When he doesn't have to look at any of it, because he's arching against the finger tips and military regulations filed nails of one hand, threading into his hair, pushing against his scalp, curving into a quiet demand as much as invitation and dragging him close. Gentle enough it's not actually a demand, it's just a firm offer. The way she knows works. Has always worked. Fingers on his skin, promise of so many days and years unchangeable in her tone, breath beating out against his lips.
The whisper of warmth, tugging up an ache across the entire inside of his chest. One he's gotten used to lately.
And it's that second that his chest seizes on the perfect opportunity, his head filled with Danny's face suddenly.
The moment on the porch as he sputtered out things like Look, shut up. Just, shut up. Stop joking. I figure, you know, you might appreciate a minute to consider, or reconsider. Which is definitely not to say that I want that, okay, that is pretty much the exact opposite of what I want, but, you know, I am not really good with casual sex -- the whole 'keeping it casual' factor.

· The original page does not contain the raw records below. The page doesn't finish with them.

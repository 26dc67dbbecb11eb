-- ===== src/Volumes/Contract.antt =====
-- volume_probe_contract.py: the inputs, before anything is done to Docker.
pub mod Accepted
use optimizr_actions.Prelude.{
  ℕ, ◌*◌, Bool, true, false, not, ◌&&◌, ◌||◌, Option, none, some, List, [], ◌∷◌, map, Text, codes,
  same, member, starts_with, ltb, leb, ◌==◌, if◌then◌else◌, Result, ok, err, ◌>>=◌, ◌>>◌, guard,
  raise_if, or_raise, any, all, length, lower,
}
use optimizr_actions.Prelude.Dicts.{Dict, lookup}
use optimizr_actions.Prelude.Splits.{split, words, utf8_size}
use optimizr_actions.Prelude.Integers.{ℤ, pos}
use optimizr_actions.Prelude.Json.{
  Json, Items, Fields, array, object, text, int, end, item, no_more, field, get, elements,
  object_of, array_of,
}
use optimizr_actions.Prelude.Regex.{Regex, one, seq, star, plus, fullmatch, is_ascii_alnum}

abbrev pub max_name_length : ℕ
max_name_length = 255

abbrev pub max_name_list_bytes : ℕ
max_name_list_bytes = 64 * 1024

abbrev pub max_networks : ℕ
max_networks = 128

abbrev pub max_volumes : ℕ
max_volumes = 256

abbrev pub max_probes : ℕ
max_probes = 32

abbrev pub max_probe_json_bytes : ℕ
max_probe_json_bytes = 32 * 1024

abbrev pub is_segment_char : ℕ → Bool
is_segment_char c = is_ascii_alnum c || c == b'_' || c == b'.' || c == b'-'

-- `^[A-Za-z0-9][A-Za-z0-9_.-]*$`
abbrev pub docker_name : Regex
docker_name = seq (one is_ascii_alnum) (star (one is_segment_char))

-- `^[A-Za-z0-9_.-]+$`
abbrev pub path_segment : Regex
path_segment = plus (one is_segment_char)

abbrev pub probe_fields : List Text
probe_fields = codes "container" ∷ codes "volume" ∷ codes "mount_path" ∷ codes "uid" ∷ []

pub data ContractError : Type 0 where
  invalid_text too_large too_many repeated_name invalid_name : (input : Text) → ContractError
  allowlist_not_required legacy_not_boolean legacy_and_allowlist : ContractError
  probes_not_strict_json probes_not_array probe_repeated services_missing : ContractError
  probe_fields_wrong container_invalid volume_invalid volume_not_required uid_invalid :
      ContractError
  path_not_bounded path_not_absolute path_traverses : ContractError
  command_failed : Text → ℤ → ContractError
  command_timed_out command_not_started unsupported_mode : ContractError
  volume_inspection_invalid volume_mismatch volume_not_inspectable : ContractError
  volumes_missing : List Text → ContractError
  creation_not_confirmed name_unexpected : ContractError
  compose_file_missing prebuilt_file_missing : ContractError
  container_data_invalid container_not_single container_not_deployed container_mismatch :
      ContractError
  container_not_running no_image_configuration image_unnamed no_service_label label_invalid :
      ContractError
  service_not_requested one_off compose_data_invalid service_not_declared image_mismatch :
      ContractError
  image_not_immutable image_moved no_mounts mount_mismatch : ContractError

abbrev pub Checked : Type 0 → Type 0
Checked A = Result ContractError A

-- `len(values) != len(set(values))`
unfoldable pub repeats : List Text → Bool
unfolding member same
repeats [] = false
repeats (s ∷ ss) = member s ss || repeats ss

unfoldable pub is_name : Text → Bool
unfolding fullmatch
is_name value = leb (length value) max_name_length && fullmatch docker_name value

unfoldable pub split_names : Text → Text → ℕ → Checked (List Text)
unfolding utf8_size words repeats is_name
split_names raw input maximum = do
  size ← or_raise (utf8_size raw) (invalid_text input)
  raise_if (ltb max_name_list_bytes size) (too_large input)
  raise_if (ltb maximum (length (words raw))) (too_many input)
  raise_if (repeats (words raw)) (repeated_name input)
  guard (all is_name (words raw)) (invalid_name input)
  ok (words raw)

abbrev pub is_absent : Option Json → Bool
is_absent none = true
is_absent (some _) = false

-- The hook that refuses an object with a repeated key, at every depth.
unfoldable mutual
  unfolding get

  pub is_strict : Json → Bool
  is_strict (array items) = are_strict items
  is_strict (object fields) = is_strict_object fields
  is_strict _ = true

  pub are_strict : Items → Bool
  are_strict end = true
  are_strict (item value items) = is_strict value && are_strict items

  pub is_strict_object : Fields → Bool
  is_strict_object no_more = true
  is_strict_object (field key value rest) =
      is_absent (get rest key) && is_strict value && is_strict_object rest

unfoldable pub is_traversing : Text → Bool
unfolding member same fullmatch
is_traversing segment =
    member segment ([] ∷ codes "." ∷ codes ".." ∷ []) || not (fullmatch path_segment segment)

abbrev pub tail_of : Text → Text
tail_of [] = []
tail_of (c ∷ s) = s

unfoldable pub validate_mount_path : Option Json → Checked Text
unfolding starts_with same split is_traversing
validate_mount_path (some (text value)) = do
  raise_if (ltb 4096 (length value)) path_not_bounded
  raise_if
      (not (starts_with value (codes "/"))
        || same value (codes "/")
        || any (λ c. (c == 0x5c) || (c == 0)) value)
      path_not_absolute
  raise_if (any is_traversing (split b'/' (tail_of value))) path_traverses
  ok value
validate_mount_path _ = err path_not_bounded

pub record Probe : Type 0 where
  pub container : Text
  pub volume : Text
  pub mount_path : Text
  pub uid : ℕ

unfoldable pub field_names : Fields → List Text
field_names no_more = []
field_names (field key _ rest) = key ∷ field_names rest

-- `set(raw) == _PROBE_FIELDS`
unfoldable pub has_probe_fields : Fields → Bool
unfolding field_names member same
has_probe_fields raw =
    all (λ key. member key probe_fields) (field_names raw)
    && all (λ key. member key (field_names raw)) probe_fields

unfoldable pub name_of : Option Json → Option Text
unfolding is_name
name_of (some (text value)) = if is_name value then some value else none
name_of _ = none

abbrev pub uid_of : Option Json → Option ℕ
uid_of (some (int (pos n))) = if leb n 2147483647 then some n else none
uid_of _ = none

unfoldable pub validate_probe : Json → List Text → Checked Probe
unfolding has_probe_fields get name_of member same validate_mount_path
validate_probe (object raw) ensure_volumes = do
  guard (has_probe_fields raw) probe_fields_wrong
  container ← or_raise (name_of (get raw (codes "container"))) container_invalid
  volume ← or_raise (name_of (get raw (codes "volume"))) volume_invalid
  guard (member volume ensure_volumes) volume_not_required
  uid ← or_raise (uid_of (get raw (codes "uid"))) uid_invalid
  mount_path ← validate_mount_path (get raw (codes "mount_path"))
  ok (record { container = container; volume = volume; mount_path = mount_path; uid = uid })
validate_probe _ ensure_volumes = err probe_fields_wrong

unfoldable pub same_probe : Probe → Probe → Bool
unfolding same
same_probe p q =
    same p.container q.container
    && same p.volume q.volume
    && same p.mount_path q.mount_path
    && p.uid == q.uid

-- `for raw_probe in probes_value: …`
unfoldable pub validate_probes : List Json → List Text → List Probe → Checked (List Probe)
unfolding validate_probe same_probe
validate_probes [] ensure_volumes seen = ok []
validate_probes (raw ∷ raws) ensure_volumes seen = do
  probe ← validate_probe raw ensure_volumes
  raise_if (any (same_probe probe) seen) probe_repeated
  rest ← validate_probes raws ensure_volumes (probe ∷ seen)
  ok (probe ∷ rest)

pub record Manifest : Type 0 where
  pub ensure_networks : List Text
  pub ensure_volumes : List Text
  pub create_missing_volumes : Bool
  pub create_missing_volumes_allowlist : List Text
  pub volume_write_probes : List Probe
  pub rollout_services : Option (List Text)

-- `_required_text(inputs, key, default)`
unfoldable pub input_of : Dict Text → Text → Text → Text
unfolding lookup
input_of inputs key default = elim (lookup key inputs) [ none ↦ default | some value ↦ value ]

abbrev pub is_nil {ℓ} : {A : Type ℓ} → List A → Bool
is_nil [] = true
is_nil (_ ∷ _) = false

unfoldable pub rollout_of : Dict Text → List Probe → Checked (Option (List Text))
unfolding lookup split_names
rollout_of inputs [] = ok none
rollout_of inputs (probe ∷ probes) = elim (lookup (codes "ROLLOUT_SERVICES") inputs) [
  | none ↦ ok none
  | some raw ↦ split_names raw (codes "services_up") max_volumes >>= λ services.
      raise_if (is_nil services) services_missing >> ok (some services)
]

unfoldable pub legacy_of : Text → Checked Bool
unfolding lower same
legacy_of raw =
    if same (map lower raw) (codes "true")
    then ok true
    else if same (map lower raw) (codes "false")
    then ok false
    else err legacy_not_boolean

-- `load` reads JSON, keeps each key as often as it is written and refuses the constants that are no
-- JSON numbers.
module _ (load : Text → Option Json) where
  unfoldable pub probes_of : Text → List Text → Checked (List Probe)
  unfolding utf8_size is_strict array_of validate_probes
  probes_of raw ensure_volumes = do
    size ← or_raise (utf8_size raw) (invalid_text (codes "volume_write_probes_json"))
    raise_if (ltb max_probe_json_bytes size) (too_large (codes "volume_write_probes_json"))
    value ← or_raise (load raw) probes_not_strict_json
    guard (is_strict value) probes_not_strict_json
    raws ← or_raise (array_of value) probes_not_array
    raise_if (ltb max_probes (length raws)) (too_many (codes "volume_write_probes_json"))
    validate_probes raws ensure_volumes []

  unfoldable pub validate_inputs : Dict Text → Checked Manifest
  unfolding input_of split_names member same legacy_of probes_of rollout_of
  validate_inputs inputs = do
    networks ←
        split_names (input_of inputs (codes "ENSURE_NETWORKS") []) (codes "ensure_networks")
          max_networks
    volumes ←
        split_names (input_of inputs (codes "ENSURE_VOLUMES") []) (codes "ensure_volumes")
          max_volumes
    allowlist ←
        split_names (input_of inputs (codes "CREATE_MISSING_VOLUMES_ALLOWLIST") [])
          (codes "create_missing_volumes_allowlist") max_volumes
    guard (all (λ volume. member volume volumes) allowlist) allowlist_not_required
    legacy ← legacy_of (input_of inputs (codes "CREATE_MISSING_VOLUMES") (codes "false"))
    raise_if (legacy && not (is_nil allowlist)) legacy_and_allowlist
    probes ← probes_of (input_of inputs (codes "VOLUME_WRITE_PROBES_JSON") (codes "[]")) volumes
    services ← rollout_of inputs probes
    ok (record {
      ensure_networks = networks;
      ensure_volumes = volumes;
      create_missing_volumes = legacy;
      create_missing_volumes_allowlist = allowlist;
      volume_write_probes = probes;
      rollout_services = services;
    })

unfoldable pub may_create_missing_volume : Manifest → Text → Bool
unfolding member same
may_create_missing_volume manifest volume =
    manifest.create_missing_volumes || member volume manifest.create_missing_volumes_allowlist
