-- ===== src/Volumes/Contract/Accepted.antt =====
-- What accepted inputs are.
use optimizr_actions.Prelude.{
  ℕ, ◌≤◌, ◌≡◌, Bool, true, false, not, ◌&&◌, ◌||◌, Option, none, some, List, [], ◌∷◌, Text, codes,
  same, member, starts_with, ltb, ◌==◌, All, all, any, length, ok, or_raise, arith,
}
use optimizr_actions.Prelude.Splits.{split, words, utf8_size}
use optimizr_actions.Prelude.Integers.{pos, negsuc}
use optimizr_actions.Prelude.Dicts.{Dict}
use optimizr_actions.Prelude.Json.{Json, object, text, int, get, array_of}
use optimizr_actions.Prelude.Gives.{
  Gives, Gives-ok, Gives-err, Gives-bind, Gives-guard, Gives-raise_if,
}
use optimizr_actions.Volumes.Contract.{
  ContractError, Manifest, Probe, max_networks, max_volumes, max_probes, max_probe_json_bytes,
  is_name, repeats, split_names, is_traversing, tail_of, validate_mount_path, name_of, uid_of,
  validate_probe, same_probe, validate_probes, is_nil, input_of, legacy_of, rollout_of, probes_of,
  validate_inputs, is_strict, has_probe_fields, invalid_text, too_large, too_many, repeated_name,
  invalid_name, path_not_bounded, path_not_absolute, path_traverses, probe_fields_wrong,
  container_invalid, volume_invalid, volume_not_required, uid_invalid, probes_not_strict_json,
  probes_not_array, allowlist_not_required, legacy_and_allowlist, probe_repeated,
}

pub record AreNames (maximum : ℕ) (names : List Text) : Type 0 where
  pub few : length names ≤ maximum
  pub distinct : repeats names ≡ false
  pub valid : all is_name names ≡ true

split_names-AreNames :
    (raw input : Text) (maximum : ℕ) → Gives (AreNames maximum) (split_names raw input maximum)
unfolding split_names
split_names-AreNames raw input maximum =
    let Q = AreNames maximum in
    Gives-bind Q (or_raise (utf8_size raw) (invalid_text input)) _ (λ size _.
      Gives-raise_if Q _ (too_large input) _ (λ _.
        Gives-raise_if Q (ltb maximum (length (words raw))) (too_many input) _ (λ few.
          Gives-raise_if Q (repeats (words raw)) (repeated_name input) _ (λ distinct.
            Gives-guard Q (all is_name (words raw)) (invalid_name input) _ (λ valid.
              Gives-ok Q (words raw)
                (record { few = ground (arith, few); distinct = distinct; valid = valid }))))))

-- A probe that stays inside its container and names a required volume.
pub record IsSafeProbe (volumes : List Text) (probe : Probe) : Type 0 where
  pub required : member probe.volume volumes ≡ true
  pub container_name : is_name probe.container ≡ true
  pub volume_name : is_name probe.volume ≡ true
  pub user : probe.uid ≤ 2147483647
  pub absolute : starts_with probe.mount_path (codes "/") ≡ true
  pub inside : any is_traversing (split b'/' (tail_of probe.mount_path)) ≡ false

abbrev IsSafePath : Text → Type 0
IsSafePath path =
    (starts_with path (codes "/") ≡ true) × (any is_traversing (split b'/' (tail_of path)) ≡ false)

validate_mount_path-IsSafePath :
    (value : Option Json) → Gives IsSafePath (validate_mount_path value)
unfolding validate_mount_path
validate_mount_path-IsSafePath none = Gives-err _ path_not_bounded
validate_mount_path-IsSafePath (some Json.null) = Gives-err _ path_not_bounded
validate_mount_path-IsSafePath (some (Json.bool b)) = Gives-err _ path_not_bounded
validate_mount_path-IsSafePath (some (Json.int n)) = Gives-err _ path_not_bounded
validate_mount_path-IsSafePath (some (Json.decimal m k)) = Gives-err _ path_not_bounded
validate_mount_path-IsSafePath (some (Json.array xs)) = Gives-err _ path_not_bounded
validate_mount_path-IsSafePath (some (object xs)) = Gives-err _ path_not_bounded
validate_mount_path-IsSafePath (some (text value)) =
    Gives-raise_if IsSafePath (ltb 4096 (length value)) path_not_bounded _ (λ _.
      Gives-raise_if IsSafePath
        (not (starts_with value (codes "/"))
          || same value (codes "/")
          || any (λ c. (c == 0x5c) || (c == 0)) value)
        path_not_absolute _
        (λ absolute.
          Gives-raise_if IsSafePath (any is_traversing (split b'/' (tail_of value))) path_traverses
            _ (λ inside. Gives-ok IsSafePath value (first_holds _ _ _ absolute, inside))))
  where
    first_holds : (a b c : Bool) → (not a || b || c) ≡ false → a ≡ true
    first_holds a b c h = ground arith

name_of-is_name :
    (value : Option Json) (name : Text) → name_of value ≡ some name → is_name name ≡ true
unfolding name_of
name_of-is_name none name h = cc
name_of-is_name (some (text value)) name h = ground arith
name_of-is_name (some Json.null) name h = cc
name_of-is_name (some (Json.bool b)) name h = cc
name_of-is_name (some (Json.int n)) name h = cc
name_of-is_name (some (Json.decimal m k)) name h = cc
name_of-is_name (some (Json.array xs)) name h = cc
name_of-is_name (some (object xs)) name h = cc

uid_of-bound : (value : Option Json) (uid : ℕ) → uid_of value ≡ some uid → uid ≤ 2147483647
uid_of-bound none uid h = cc
uid_of-bound (some (int (pos n))) uid h = ground arith
uid_of-bound (some (int (negsuc n))) uid h = cc
uid_of-bound (some (text value)) uid h = cc
uid_of-bound (some Json.null) uid h = cc
uid_of-bound (some (Json.bool b)) uid h = cc
uid_of-bound (some (Json.decimal m k)) uid h = cc
uid_of-bound (some (Json.array xs)) uid h = cc
uid_of-bound (some (object xs)) uid h = cc

found :
    {A : Type 0} (e : ContractError) (value : Option A) (a : A)
    → or_raise value e ≡ ok a
    → value ≡ some a
found e none a h = absurd cc
found e (some b) a h = cc

validate_probe-IsSafeProbe :
    (raw : Json) (volumes : List Text) → Gives (IsSafeProbe volumes) (validate_probe raw volumes)
unfolding validate_probe
validate_probe-IsSafeProbe Json.null volumes = Gives-err _ probe_fields_wrong
validate_probe-IsSafeProbe (Json.bool b) volumes = Gives-err _ probe_fields_wrong
validate_probe-IsSafeProbe (Json.int n) volumes = Gives-err _ probe_fields_wrong
validate_probe-IsSafeProbe (Json.decimal m k) volumes = Gives-err _ probe_fields_wrong
validate_probe-IsSafeProbe (text s) volumes = Gives-err _ probe_fields_wrong
validate_probe-IsSafeProbe (Json.array xs) volumes = Gives-err _ probe_fields_wrong
validate_probe-IsSafeProbe (object raw) volumes =
    let Q = IsSafeProbe volumes in
    Gives-guard Q (has_probe_fields raw) probe_fields_wrong _ (λ _.
      Gives-bind Q (or_raise (name_of (get raw (codes "container"))) container_invalid) _
        (λ container c.
          Gives-bind Q (or_raise (name_of (get raw (codes "volume"))) volume_invalid) _ (λ volume v.
            Gives-guard Q (member volume volumes) volume_not_required _ (λ required.
              Gives-bind Q (or_raise (uid_of (get raw (codes "uid"))) uid_invalid) _ (λ uid u.
                Gives-bind Q (validate_mount_path (get raw (codes "mount_path"))) _ (λ path p.
                  let safe =
                    (validate_mount_path-IsSafePath (get raw (codes "mount_path"))).gives path p in
                  Gives-ok Q _ (record {
                    required = required;
                    container_name =
                        name_of-is_name (get raw (codes "container")) container
                          (found _ _ container c);
                    volume_name =
                        name_of-is_name (get raw (codes "volume")) volume (found _ _ volume v);
                    user = uid_of-bound (get raw (codes "uid")) uid (found _ _ uid u);
                    absolute = safe.0;
                    inside = safe.1;
                  })))))))

validate_probes-IsSafeProbe :
    (raws : List Json) (volumes : List Text) (seen : List Probe)
    → Gives (All (IsSafeProbe volumes)) (validate_probes raws volumes seen)
unfolding validate_probes
validate_probes-IsSafeProbe [] volumes seen = Gives-ok _ [] tt
validate_probes-IsSafeProbe (raw ∷ raws) volumes seen =
    let Q = All (IsSafeProbe volumes) in
    Gives-bind Q (validate_probe raw volumes) _ (λ probe p.
      Gives-raise_if Q (any (same_probe probe) seen) probe_repeated _ (λ _.
        Gives-bind Q (validate_probes raws volumes (probe ∷ seen)) _ (λ rest r.
          Gives-ok Q (probe ∷ rest) (
            (validate_probe-IsSafeProbe raw volumes).gives probe p,
            (validate_probes-IsSafeProbe raws volumes (probe ∷ seen)).gives rest r,
          ))))

pub record IsSafe (manifest : Manifest) : Type 0 where
  pub networks : AreNames 128 manifest.ensure_networks
  pub volumes : AreNames 256 manifest.ensure_volumes
  pub required :
      all (λ v. member v manifest.ensure_volumes) manifest.create_missing_volumes_allowlist ≡ true
  pub exclusive :
      (manifest.create_missing_volumes && not (is_nil manifest.create_missing_volumes_allowlist))
      ≡ false
  pub probes : All (IsSafeProbe manifest.ensure_volumes) manifest.volume_write_probes

module _ (load : Text → Option Json) where
  probes_of-IsSafeProbe :
      (raw : Text) (volumes : List Text)
      → Gives (All (IsSafeProbe volumes)) (probes_of load raw volumes)
  unfolding probes_of
  probes_of-IsSafeProbe raw volumes =
      let Q = All (IsSafeProbe volumes) in
      Gives-bind Q (or_raise (utf8_size raw) (invalid_text (codes "volume_write_probes_json"))) _
        (λ size _.
          Gives-raise_if Q (ltb max_probe_json_bytes size)
            (too_large (codes "volume_write_probes_json")) _
            (λ _. Gives-bind Q (or_raise (load raw) probes_not_strict_json) _ (λ value _.
              Gives-guard Q (is_strict value) probes_not_strict_json _ (λ _.
                Gives-bind Q (or_raise (array_of value) probes_not_array) _ (λ raws _.
                  Gives-raise_if Q (ltb max_probes (length raws))
                    (too_many (codes "volume_write_probes_json")) _
                    (λ _. validate_probes-IsSafeProbe raws volumes []))))))

  -- A manifest that is accepted has bounded lists of distinct Docker names, permits only volumes that
  -- are required and in one way only, and each of its probes names a required volume, a user in
  -- range and an absolute path whose segments neither traverse nor leave the allowed characters.
  pub validate_inputs-IsSafe :
      (inputs : Dict Text) (manifest : Manifest)
      → validate_inputs load inputs ≡ ok manifest
      → IsSafe manifest
  unfolding validate_inputs
  validate_inputs-IsSafe inputs manifest h =
      (Gives-bind IsSafe
          (split_names (input_of inputs (codes "ENSURE_NETWORKS") []) (codes "ensure_networks")
            max_networks)
          _
          (λ networks n.
            Gives-bind IsSafe
              (split_names (input_of inputs (codes "ENSURE_VOLUMES") []) (codes "ensure_volumes")
                max_volumes)
              _
              (λ volumes v.
                Gives-bind IsSafe
                  (split_names (input_of inputs (codes "CREATE_MISSING_VOLUMES_ALLOWLIST") [])
                    (codes "create_missing_volumes_allowlist") max_volumes)
                  _
                  (λ allowlist _.
                    Gives-guard IsSafe (all (λ volume. member volume volumes) allowlist)
                      allowlist_not_required _
                      (λ required.
                        Gives-bind IsSafe
                          (legacy_of
                            (input_of inputs (codes "CREATE_MISSING_VOLUMES") (codes "false")))
                          _
                          (λ legacy _.
                            Gives-raise_if IsSafe (legacy && not (is_nil allowlist))
                              legacy_and_allowlist _
                              (λ exclusive.
                                Gives-bind IsSafe
                                  (probes_of load
                                    (input_of inputs (codes "VOLUME_WRITE_PROBES_JSON")
                                      (codes "[]"))
                                    volumes)
                                  _
                                  (λ probes p.
                                    Gives-bind IsSafe (rollout_of inputs probes) _ (λ services _.
                                      Gives-ok IsSafe _ (record {
                                        networks =
                                            (split_names-AreNames
                                                (input_of inputs (codes "ENSURE_NETWORKS") [])
                                                (codes "ensure_networks") max_networks).gives
                                              networks n;
                                        volumes =
                                            (split_names-AreNames
                                                (input_of inputs (codes "ENSURE_VOLUMES") [])
                                                (codes "ensure_volumes") max_volumes).gives
                                              volumes v;
                                        required = required;
                                        exclusive = exclusive;
                                        probes =
                                            (probes_of-IsSafeProbe
                                                (input_of inputs (codes "VOLUME_WRITE_PROBES_JSON")
                                                  (codes "[]"))
                                                volumes).gives
                                              probes p;
                                      })))))))))).gives
        manifest h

Right down into that blurry moment in the dark when Danny had said Steve had to tell Cath, like he needed to inform his girlfriend of a change of adress. Or whatever it was. Whatever was happening. Whatever was happening so much that the center of his was seizing like ice, angry and sad and desperate in such waring clashes, as his hands had slid up to her shoulders in the second of sensation and realizing.
Grabbing the edges of them too hard and pulling her feet back, fast and sudden. At the same time as his head and shoulders jerked back from being near her face. The words almost as damning, and hated, and confusing to every other sensation in him, as they fell out, wretchedly fast, "I can't." Desperately grasping for a solid answer he doesn't even have. "There's-" Because he doesn't know. He doesn't know at all, okay?
But he knows Danny stayed last night. And he knows that he fucked up whatever his answer was about Cath the first time.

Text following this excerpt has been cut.